#### Dataset entries:
"""

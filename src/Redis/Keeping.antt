-- ===== src/Redis/Keeping.antt =====
-- `pool_for_database` of crates/redis-web-runtime/src/redis.rs keeps the pools that a registry has.
use redis_web.Prelude.{
  ℕ, ◌+◌, none, some, arith, ==_refl, List, [], ◌∷◌, ◌++◌, ◌==◌, ok, ◌≡◌, refl, ◌∙◌, subst,
  Bool-cases, Option-cases, Result-cases, inl, inr,
}
use redis_web.Config.Settings.{Config}
use redis_web.Redis.Pools.{
  RedisPool, DatabasePoolRegistry, Pooling, pool_for_database, create_pool_for_database, find_pool,
  store_pool, new_registry, Phase, started, reading, missed, created, writing, returned, World,
  can_read, can_write, drop_reader, advance, advance_from, run,
}
use redis_web.Redis.Sharing.{
  bound_pool, IsWell, Extends, made_Extends, made_IsWell, store_pool-Extends, store_pool-IsWell,
  create_pool-database, Fits, IsConsistent, advance-IsConsistent, run-IsConsistent, opening,
  new_registry-IsWell,
}

pub Extends-trans : (r s t : DatabasePoolRegistry) → Extends r s → Extends s t → Extends r t
Extends-trans r s t (d, h) (e, k) = (e ∙ d, λ x p q. k x p (h x p q))

created_database :
    (pooling : Pooling) (d : ℕ) (r : DatabasePoolRegistry) (p : RedisPool)
    → create_pool_for_database pooling r.base_config d r.made ≡ ok p
    → p.database ≡ d
unfolding create_pool_for_database
created_database pooling d r p f = create_pool-database pooling (λ _. d) _ r.made p f

-- A call keeps every answer, and answers for its own databases only.
pub pool_for_database-keeps :
    (pooling : Pooling) (d : ℕ) (r : DatabasePoolRegistry)
    → IsWell r
    → IsWell (pool_for_database pooling d r).1 × Extends r (pool_for_database pooling d r).1
unfolding pool_for_database
pool_for_database-keeps pooling d r well = elim (Bool-cases (d == r.default_database)) [
  | inl y ↦ rw (y) (well, (refl, λ _ _ h. h))
  | inr n ↦ elim (Option-cases (find_pool d r.pools_by_database)) [
    | inr (p, e) ↦ rw (n, e) (well, (refl, λ _ _ h. h))
    | inl e ↦ elim (Result-cases (create_pool_for_database pooling r.base_config d r.made)) [
      | inl (m, f) ↦ rw (n, e, f) (well, (refl, λ _ _ h. h))
      | inr (p, f) ↦
          let r1 = record r { made = r.made + 1 } in
          rw (n, e, f)
            (
              store_pool-IsWell d p r1 n (created_database pooling d r p f)
                  (made_IsWell r (r.made + 1) well),
              Extends-trans r r1 (store_pool d p r1).1 (made_Extends r (r.made + 1))
                  (store_pool-Extends d p r1 n),
            )
    ]
  ]
]

module _ (pooling : Pooling) (request : ℕ → ℕ) where
  advance-Extends :
      (i : ℕ) (w : World)
      → IsConsistent pooling request w
      → Extends w.registry (advance pooling request i w).registry
  unfolding advance
  advance-Extends i w h = go (w.phase i) refl
    where
      go :
          (ph : Phase)
          → w.phase i ≡ ph
          → Extends w.registry (advance_from pooling i (request i) ph w).registry
      go started e = elim (Bool-cases (request i == w.registry.default_database)) [
        | inl y ↦ rw (y) (refl, λ _ _ k. k)
        | inr n ↦ elim (Bool-cases (can_read w.writer)) [
          | inl free ↦ rw (n, free) (refl, λ _ _ k. k)
          | inr taken ↦ rw (n, taken) (refl, λ _ _ k. k)
        ]
      ]
      go reading e = (refl, λ _ _ k. k)
      go missed e =
          elim (Result-cases
            (create_pool_for_database pooling w.registry.base_config (request i) w.registry.made)) [
              | inl (m, f) ↦ rw (f) (refl, λ _ _ k. k)
              | inr (p, f) ↦ rw (f) (made_Extends w.registry (w.registry.made + 1))
            ]
      go (created p) e = elim (Bool-cases (can_write w.readers w.writer)) [
        | inl free ↦ rw (free) (refl, λ _ _ k. k)
        | inr taken ↦ rw (taken) (refl, λ _ _ k. k)
      ]
      go (writing p) e =
          store_pool-Extends (request i) p w.registry
            (subst (Fits w.registry (request i)) e (h.1 i)).0
      go (returned p) e = (refl, λ _ _ k. k)

  run-Extends :
      (schedule : List ℕ) (w : World)
      → IsConsistent pooling request w
      → Extends w.registry (run pooling request schedule w).registry
  unfolding run
  run-Extends [] w h = (refl, λ _ _ k. k)
  run-Extends (i ∷ schedule) w h =
      Extends-trans w.registry (advance pooling request i w).registry _ (advance-Extends i w h) (
        run-Extends schedule (advance pooling request i w)
          (advance-IsConsistent pooling request i w h))

  run-append :
      (before after : List ℕ) (w : World)
      → run pooling request (before ++ after) w
        ≡ run pooling request after (run pooling request before w)
  unfolding run
  run-append [] after w = refl
  run-append (i ∷ before) after w = run-append before after (advance pooling request i w)

  -- A database keeps its pool: one that the registry holds at some time is held ever after, whatever
  -- the order in which the tasks run before and then, also if a task creates another pool for the
  -- database meanwhile.
  pub run_keeps :
      (config : Config) (default_pool : RedisPool) (made : ℕ) (before after : List ℕ) (d : ℕ)
      (p : RedisPool)
      → default_pool.database ≡ config.database
      → bound_pool
          (run pooling request before
            (opening pooling request (new_registry config default_pool made))).registry
          d
        ≡ some p
      → bound_pool
          (run pooling request
            (before ++ after)
            (opening pooling request (new_registry config default_pool made))).registry
          d
        ≡ some p
  run_keeps config default_pool made before after d p own h =
      let w = opening pooling request (new_registry config default_pool made) in
      rw (run-append before after w) (
        (run-Extends after (run pooling request before w) (
            run-IsConsistent pooling request before w
              (new_registry-IsWell config default_pool made own, λ _. _))).1
          d p h)

  -- A task that runs from its start without another one between, with the lock free, gives what the
  -- source's function gives, read from top to bottom, and leaves the same registry.
  run-pool_for_database :
      (i : ℕ) (w : World)
      → w.phase i ≡ started
      → w.readers ≡ []
      → w.writer ≡ none
      → ((run pooling request (i ∷ i ∷ i ∷ i ∷ i ∷ []) w).phase i
          ≡ returned (pool_for_database pooling (request i) w.registry).0)
        × ((run pooling request (i ∷ i ∷ i ∷ i ∷ i ∷ []) w).registry
            ≡ (pool_for_database pooling (request i) w.registry).1)
  unfolding run advance pool_for_database store_pool drop_reader
  run-pool_for_database i w h r n = ground (arith, ==_refl i)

"""

#### TO DO:
Where a line above contains the word "another", copy that line.

#### SOLUTION TO THIS TASK:
  -- the order in which the tasks run before and then, also if a task creates another pool for the
  -- A task that runs from its start without another one between, with the lock free, gives what the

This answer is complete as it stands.